[EXTRACTED ENTRIES — start]

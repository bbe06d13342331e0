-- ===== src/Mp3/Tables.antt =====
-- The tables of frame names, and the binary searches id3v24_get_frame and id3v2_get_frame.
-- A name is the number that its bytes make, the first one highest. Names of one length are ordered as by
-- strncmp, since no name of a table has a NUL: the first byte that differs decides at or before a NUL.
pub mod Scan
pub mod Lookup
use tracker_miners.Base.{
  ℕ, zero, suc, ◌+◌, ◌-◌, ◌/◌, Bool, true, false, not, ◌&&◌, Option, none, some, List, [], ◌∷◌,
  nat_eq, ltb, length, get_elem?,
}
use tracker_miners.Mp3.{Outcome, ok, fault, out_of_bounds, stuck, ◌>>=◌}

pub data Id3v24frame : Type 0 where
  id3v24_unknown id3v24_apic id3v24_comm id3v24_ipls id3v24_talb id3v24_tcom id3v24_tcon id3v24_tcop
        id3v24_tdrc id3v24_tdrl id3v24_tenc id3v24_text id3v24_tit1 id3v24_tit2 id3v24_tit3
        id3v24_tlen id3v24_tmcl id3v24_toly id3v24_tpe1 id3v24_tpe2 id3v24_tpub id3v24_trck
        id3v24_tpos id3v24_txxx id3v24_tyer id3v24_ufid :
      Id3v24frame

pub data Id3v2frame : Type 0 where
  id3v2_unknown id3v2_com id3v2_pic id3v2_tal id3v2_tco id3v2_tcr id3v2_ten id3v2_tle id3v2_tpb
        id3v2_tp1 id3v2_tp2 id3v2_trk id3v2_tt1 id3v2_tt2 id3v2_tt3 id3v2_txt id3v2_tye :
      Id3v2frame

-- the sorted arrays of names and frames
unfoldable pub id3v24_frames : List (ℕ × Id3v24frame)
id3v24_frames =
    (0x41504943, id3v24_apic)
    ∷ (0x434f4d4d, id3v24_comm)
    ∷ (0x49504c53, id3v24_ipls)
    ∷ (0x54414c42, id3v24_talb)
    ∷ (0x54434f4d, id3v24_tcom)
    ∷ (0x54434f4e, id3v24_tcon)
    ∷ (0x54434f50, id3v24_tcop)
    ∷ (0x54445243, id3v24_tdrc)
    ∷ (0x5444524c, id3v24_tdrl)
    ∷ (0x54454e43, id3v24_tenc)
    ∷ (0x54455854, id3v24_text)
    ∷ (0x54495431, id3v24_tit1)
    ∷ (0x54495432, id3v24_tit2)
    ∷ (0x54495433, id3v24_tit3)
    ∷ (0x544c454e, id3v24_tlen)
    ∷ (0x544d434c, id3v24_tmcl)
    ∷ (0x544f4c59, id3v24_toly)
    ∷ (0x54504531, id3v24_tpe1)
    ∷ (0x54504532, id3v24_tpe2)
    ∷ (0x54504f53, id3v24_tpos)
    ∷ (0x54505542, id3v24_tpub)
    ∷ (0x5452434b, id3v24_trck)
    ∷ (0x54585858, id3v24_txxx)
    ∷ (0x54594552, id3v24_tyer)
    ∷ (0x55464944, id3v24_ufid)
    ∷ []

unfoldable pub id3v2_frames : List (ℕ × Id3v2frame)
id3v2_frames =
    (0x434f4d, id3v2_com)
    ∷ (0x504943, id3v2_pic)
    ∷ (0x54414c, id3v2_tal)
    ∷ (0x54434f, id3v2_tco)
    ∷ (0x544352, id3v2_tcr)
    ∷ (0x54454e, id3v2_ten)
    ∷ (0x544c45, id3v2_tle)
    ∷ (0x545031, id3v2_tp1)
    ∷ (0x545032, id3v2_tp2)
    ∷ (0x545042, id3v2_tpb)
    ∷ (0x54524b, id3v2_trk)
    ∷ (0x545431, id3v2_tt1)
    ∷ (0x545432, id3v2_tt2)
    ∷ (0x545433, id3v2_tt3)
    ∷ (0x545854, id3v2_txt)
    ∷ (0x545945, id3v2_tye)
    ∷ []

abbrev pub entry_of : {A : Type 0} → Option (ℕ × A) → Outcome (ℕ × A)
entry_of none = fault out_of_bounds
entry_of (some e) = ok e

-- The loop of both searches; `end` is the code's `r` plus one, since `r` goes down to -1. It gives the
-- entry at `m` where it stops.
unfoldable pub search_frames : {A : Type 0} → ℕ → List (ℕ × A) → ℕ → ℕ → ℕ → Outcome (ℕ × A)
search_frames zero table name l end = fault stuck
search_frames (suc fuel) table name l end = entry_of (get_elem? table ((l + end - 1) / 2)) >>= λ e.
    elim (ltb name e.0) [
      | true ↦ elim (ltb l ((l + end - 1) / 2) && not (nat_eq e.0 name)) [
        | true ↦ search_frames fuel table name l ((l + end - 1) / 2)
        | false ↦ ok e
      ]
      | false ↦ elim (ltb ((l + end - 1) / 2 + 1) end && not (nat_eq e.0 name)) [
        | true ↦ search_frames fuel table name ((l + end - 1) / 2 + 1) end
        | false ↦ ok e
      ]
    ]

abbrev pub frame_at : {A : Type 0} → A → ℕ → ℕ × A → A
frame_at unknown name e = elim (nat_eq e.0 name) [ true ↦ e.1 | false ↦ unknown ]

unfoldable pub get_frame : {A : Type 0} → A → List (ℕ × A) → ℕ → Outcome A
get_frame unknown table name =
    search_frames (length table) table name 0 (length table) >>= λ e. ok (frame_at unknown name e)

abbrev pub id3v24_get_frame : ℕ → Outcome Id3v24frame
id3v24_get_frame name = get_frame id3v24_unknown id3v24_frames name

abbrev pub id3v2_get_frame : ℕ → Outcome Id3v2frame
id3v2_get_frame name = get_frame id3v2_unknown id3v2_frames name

[EXTRACTED ENTRIES — finish]

The data above needs to be repeated exactly, line for line.

— TASK OUTPUT —
repository bbe06d13342331e0
-- ===== src/Mp3/Tables.antt =====
-- The tables of frame names, and the binary searches id3v24_get_frame and id3v2_get_frame.
-- A name is the number that its bytes make, the first one highest. Names of one length are ordered as by
-- strncmp, since no name of a table has a NUL: the first byte that differs decides at or before a NUL.
pub mod Scan
pub mod Lookup
use tracker_miners.Base.{
  ℕ, zero, suc, ◌+◌, ◌-◌, ◌/◌, Bool, true, false, not, ◌&&◌, Option, none, some, List, [], ◌∷◌,
  nat_eq, ltb, length, get_elem?,
}
use tracker_miners.Mp3.{Outcome, ok, fault, out_of_bounds, stuck, ◌>>=◌}

pub data Id3v24frame : Type 0 where
  id3v24_unknown id3v24_apic id3v24_comm id3v24_ipls id3v24_talb id3v24_tcom id3v24_tcon id3v24_tcop
        id3v24_tdrc id3v24_tdrl id3v24_tenc id3v24_text id3v24_tit1 id3v24_tit2 id3v24_tit3
        id3v24_tlen id3v24_tmcl id3v24_toly id3v24_tpe1 id3v24_tpe2 id3v24_tpub id3v24_trck
        id3v24_tpos id3v24_txxx id3v24_tyer id3v24_ufid :
      Id3v24frame

pub data Id3v2frame : Type 0 where
  id3v2_unknown id3v2_com id3v2_pic id3v2_tal id3v2_tco id3v2_tcr id3v2_ten id3v2_tle id3v2_tpb
        id3v2_tp1 id3v2_tp2 id3v2_trk id3v2_tt1 id3v2_tt2 id3v2_tt3 id3v2_txt id3v2_tye :
      Id3v2frame

-- the sorted arrays of names and frames
unfoldable pub id3v24_frames : List (ℕ × Id3v24frame)
id3v24_frames =
    (0x41504943, id3v24_apic)
    ∷ (0x434f4d4d, id3v24_comm)
    ∷ (0x49504c53, id3v24_ipls)
    ∷ (0x54414c42, id3v24_talb)
    ∷ (0x54434f4d, id3v24_tcom)
    ∷ (0x54434f4e, id3v24_tcon)
    ∷ (0x54434f50, id3v24_tcop)
    ∷ (0x54445243, id3v24_tdrc)
    ∷ (0x5444524c, id3v24_tdrl)
    ∷ (0x54454e43, id3v24_tenc)
    ∷ (0x54455854, id3v24_text)
    ∷ (0x54495431, id3v24_tit1)
    ∷ (0x54495432, id3v24_tit2)
    ∷ (0x54495433, id3v24_tit3)
    ∷ (0x544c454e, id3v24_tlen)
    ∷ (0x544d434c, id3v24_tmcl)
    ∷ (0x544f4c59, id3v24_toly)
    ∷ (0x54504531, id3v24_tpe1)
    ∷ (0x54504532, id3v24_tpe2)
    ∷ (0x54504f53, id3v24_tpos)
    ∷ (0x54505542, id3v24_tpub)
    ∷ (0x5452434b, id3v24_trck)
    ∷ (0x54585858, id3v24_txxx)
    ∷ (0x54594552, id3v24_tyer)
    ∷ (0x55464944, id3v24_ufid)
    ∷ []

unfoldable pub id3v2_frames : List (ℕ × Id3v2frame)
id3v2_frames =
    (0x434f4d, id3v2_com)
    ∷ (0x504943, id3v2_pic)
    ∷ (0x54414c, id3v2_tal)
    ∷ (0x54434f, id3v2_tco)
    ∷ (0x544352, id3v2_tcr)
    ∷ (0x54454e, id3v2_ten)
    ∷ (0x544c45, id3v2_tle)
    ∷ (0x545031, id3v2_tp1)
    ∷ (0x545032, id3v2_tp2)
    ∷ (0x545042, id3v2_tpb)
    ∷ (0x54524b, id3v2_trk)
    ∷ (0x545431, id3v2_tt1)
    ∷ (0x545432, id3v2_tt2)
    ∷ (0x545433, id3v2_tt3)
    ∷ (0x545854, id3v2_txt)
    ∷ (0x545945, id3v2_tye)
    ∷ []

abbrev pub entry_of : {A : Type 0} → Option (ℕ × A) → Outcome (ℕ × A)
entry_of none = fault out_of_bounds
entry_of (some e) = ok e

-- The loop of both searches; `end` is the code's `r` plus one, since `r` goes down to -1. It gives the
-- entry at `m` where it stops.
unfoldable pub search_frames : {A : Type 0} → ℕ → List (ℕ × A) → ℕ → ℕ → ℕ → Outcome (ℕ × A)
search_frames zero table name l end = fault stuck
search_frames (suc fuel) table name l end = entry_of (get_elem? table ((l + end - 1) / 2)) >>= λ e.
    elim (ltb name e.0) [
      | true ↦ elim (ltb l ((l + end - 1) / 2) && not (nat_eq e.0 name)) [
        | true ↦ search_frames fuel table name l ((l + end - 1) / 2)
        | false ↦ ok e
      ]
      | false ↦ elim (ltb ((l + end - 1) / 2 + 1) end && not (nat_eq e.0 name)) [
        | true ↦ search_frames fuel table name ((l + end - 1) / 2 + 1) end
        | false ↦ ok e
      ]
    ]

abbrev pub frame_at : {A : Type 0} → A → ℕ → ℕ × A → A
frame_at unknown name e = elim (nat_eq e.0 name) [ true ↦ e.1 | false ↦ unknown ]

unfoldable pub get_frame : {A : Type 0} → A → List (ℕ × A) → ℕ → Outcome A
get_frame unknown table name =
    search_frames (length table) table name 0 (length table) >>= λ e. ok (frame_at unknown name e)

abbrev pub id3v24_get_frame : ℕ → Outcome Id3v24frame
id3v24_get_frame name = get_frame id3v24_unknown id3v24_frames name

abbrev pub id3v2_get_frame : ℕ → Outcome Id3v2frame
id3v2_get_frame name = get_frame id3v2_unknown id3v2_frames name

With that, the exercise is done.